[Stored data entries]

Segment Open

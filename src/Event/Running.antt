-- ===== src/Event/Running.antt =====
-- src/runtime/vm_event.c: what the run of a microtask keeps, whatever the program does: a relation between
-- worlds that holds of the operations on promises holds of the run.
use cscript.Prelude.{
  ◌≡◌, refl, sym, ap, get_or, ◌∙◌, length, length-append, ℕ, zero, suc, ◌==◌, if◌then◌else◌, Bool,
  true, false, [], ◌∷◌, set, Option, none, some, inl, inr, Bool-cases, arith,
}
use mathlib.Core.List.{append-nil}
use cscript.Value.{Value}
use cscript.Event.{
  Promise, new_promise, Microtask, World, Mode, all, race, all_settled, any, Combine, Called,
  returned, threw, stopped, Machine, promise, is_pending,
}
use cscript.Event.Onward.{
  add_reaction-Onward, amend-Onward, change-Onward, get_or-default, Onward, Onward-refl,
  Onward-trans, settle-Onward, fulfill-Onward, queue_task-Onward,
}
use cscript.Event.Natives.{allocate}
use cscript.Event.Acts.{Steps, Lawful, Acts-Step}
use cscript.Event.Runs.{
  combine, is_missing, conclude, collect, combine_by, run_combine, settle_result, pass_by,
  handled_by, thrown_by, finish, run_callback, run_by, run_microtask, world_of, world_after,
}

module _ {m : Machine} {R : World → World → Type 0} (s : Steps m R) (lawful : Lawful m) where
  either : (w : World) (b : Bool) (x y : World) → R w x → R w y → R w (if b then x else y)
  either w true x y g h = g
  either w false x y g h = h

  conclude-Step : (mode : Mode) (c : Combine) (w : World) → R w (conclude m mode c w)
  conclude-Step any c w = s.settles c.target _ _ w
  conclude-Step all c w = s.fulfills c.target _ w
  conclude-Step race c w = s.fulfills c.target _ w
  conclude-Step all_settled c w = s.fulfills c.target _ w

  collect-Step : (t : Microtask) (c : ℕ) (v : Value) (w : World) → R w (collect m t c v w)
  unfolding collect
  collect-Step t c v w =
      let kept = s.records (set w.combines c _) w in
      either w ((combine w c).remaining == 1) _ _
        (s.chain w _ _ kept (conclude-Step (combine w c).mode _ _)) kept

  combine_by-Step :
      (mode : Mode) (b : Bool) (t : Microtask) (c target : ℕ) (w : World)
      → R w (combine_by m mode b t c target w)
  combine_by-Step race true t c target w = s.settles target _ _ w
  combine_by-Step race false t c target w = s.fulfills target _ w
  combine_by-Step all true t c target w = s.settles target _ _ w
  combine_by-Step all false t c target w = collect-Step t c _ w
  combine_by-Step any true t c target w = collect-Step t c _ w
  combine_by-Step any false t c target w = s.fulfills target _ w
  combine_by-Step all_settled b t c target w = collect-Step t c _ w

  run_combine-Step : (t : Microtask) (c : ℕ) (w : World) → R w (run_combine m t c w)
  unfolding run_combine
  run_combine-Step t c w =
      either w (is_pending (promise w (combine w c).target).state) _ w
        (combine_by-Step (combine w c).mode t.is_rejection t c _ w) (s.still w)

  settle_result-Step :
      (r : Option ℕ) (b : Bool) (v : Value) (w : World) → R w (settle_result m r b v w)
  settle_result-Step none b v w = s.still w
  settle_result-Step (some r) true v w = s.settles r _ v w
  settle_result-Step (some r) false v w = s.fulfills r v w

  pass_by-Step : (n : ℕ) (t : Microtask) (w : World) → R w (pass_by m n t w)
  pass_by-Step zero t w = settle_result-Step t.result t.is_rejection t.argument w
  pass_by-Step (suc n) t w = s.tasks _ w

  handled_by-Step :
      (r : Option ℕ) (t : Microtask) (v : Value) (w : World) → R w (handled_by m r t v w)
  handled_by-Step none t v w = s.still w
  handled_by-Step (some r) t v w = either w t.is_finally _ _ (s.tasks _ w) (s.fulfills r v w)

  thrown_by-Step : (r : Option ℕ) (v : Value) (w : World) → R w (world_after (thrown_by r v w))
  thrown_by-Step none v w = s.still w
  thrown_by-Step (some r) v w = s.settles r _ v w

  finish-Step :
      (t : Microtask) (w : World) (c : Called) → R w (world_of c) → R w (world_after (finish m t c))
  finish-Step t w (returned v w') h = s.chain w w' _ h (handled_by-Step t.result t v w')
  finish-Step t w (threw v w') h = s.chain w w' _ h (thrown_by-Step t.result v w')
  finish-Step t w (stopped w') h = h

  run_callback-Step : (t : Microtask) (w : World) → R w (world_after (run_callback m t w))
  run_callback-Step t w = elim (Bool-cases (is_missing t.callback)) [
    | inl e ↦ rw e (pass_by-Step t.extra_hops t w)
    | inr e ↦ rw e (
        finish-Step t w (m.call t.callback (t.argument ∷ []) w)
          (Acts-Step s _ _ (lawful.calls t.callback (t.argument ∷ []) w)))
  ]

  run_by-Step : (t : Microtask) (f c : Option ℕ) (w : World) → R w (world_after (run_by m t f c w))
  run_by-Step t (some f) c w = Acts-Step s _ _ (lawful.resumes f t.argument t.is_rejection w)
  run_by-Step t none (some c) w = run_combine-Step t c w
  run_by-Step t none none w = run_callback-Step t w

  pub run_microtask-Step : (t : Microtask) (w : World) → R w (world_after (run_microtask m t w))
  unfolding run_microtask
  run_microtask-Step t w = run_by-Step t t.fiber t.combine_state w

-- A change of neither the promises nor the queue.
apart : (w out : World) → out.promises ≡ w.promises → out.queue ≡ w.queue → Onward w out
apart w out e q = record {
  stays = λ p h.
      let f = ap (λ ps. get_or ps p new_promise) e in
      (ap (λ (q : Promise). q.state) f, ap (λ (q : Promise). q.value) f);
  more = [];
  later = q ∙ sym (append-nil w.queue);
  size = omega (arith, ap length e);
}

allocate-Onward : (w : World) → Onward w (allocate w)
allocate-Onward w = record {
  stays = λ p h.
      let e = get_or-default w.promises p new_promise in
      (ap (λ (q : Promise). q.state) e, ap (λ (q : Promise). q.value) e);
  more = [];
  later = sym (append-nil w.queue);
  size = omega (arith, length-append w.promises (new_promise ∷ []));
}

pub Onward-Steps : (m : Machine) → Steps m Onward
Onward-Steps m = record {
  still = Onward-refl;
  chain = Onward-trans;
  settles = settle-Onward;
  fulfills = fulfill-Onward m;
  tasks = queue_task-Onward;
  records = λ cs w. apart w _ refl refl;
  adds = add_reaction-Onward;
  amends = amend-Onward;
  handles = λ p w. change-Onward p _ w (λ h. (refl, refl));
  allocates = allocate-Onward;
  times = λ ts w. apart w _ refl refl;
}

pub run_microtask-Onward :
    (m : Machine) (t : Microtask) (w : World)
    → Lawful m
    → Onward w (world_after (run_microtask m t w))
run_microtask-Onward m t w h = run_microtask-Step (Onward-Steps m) h t w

Segment Closed

## INSTRUCTIONS TO FOLLOW
Go through the lines above and count those that include "records"; give the total and nothing more.

## RESULT FOR THIS EXERCISE
2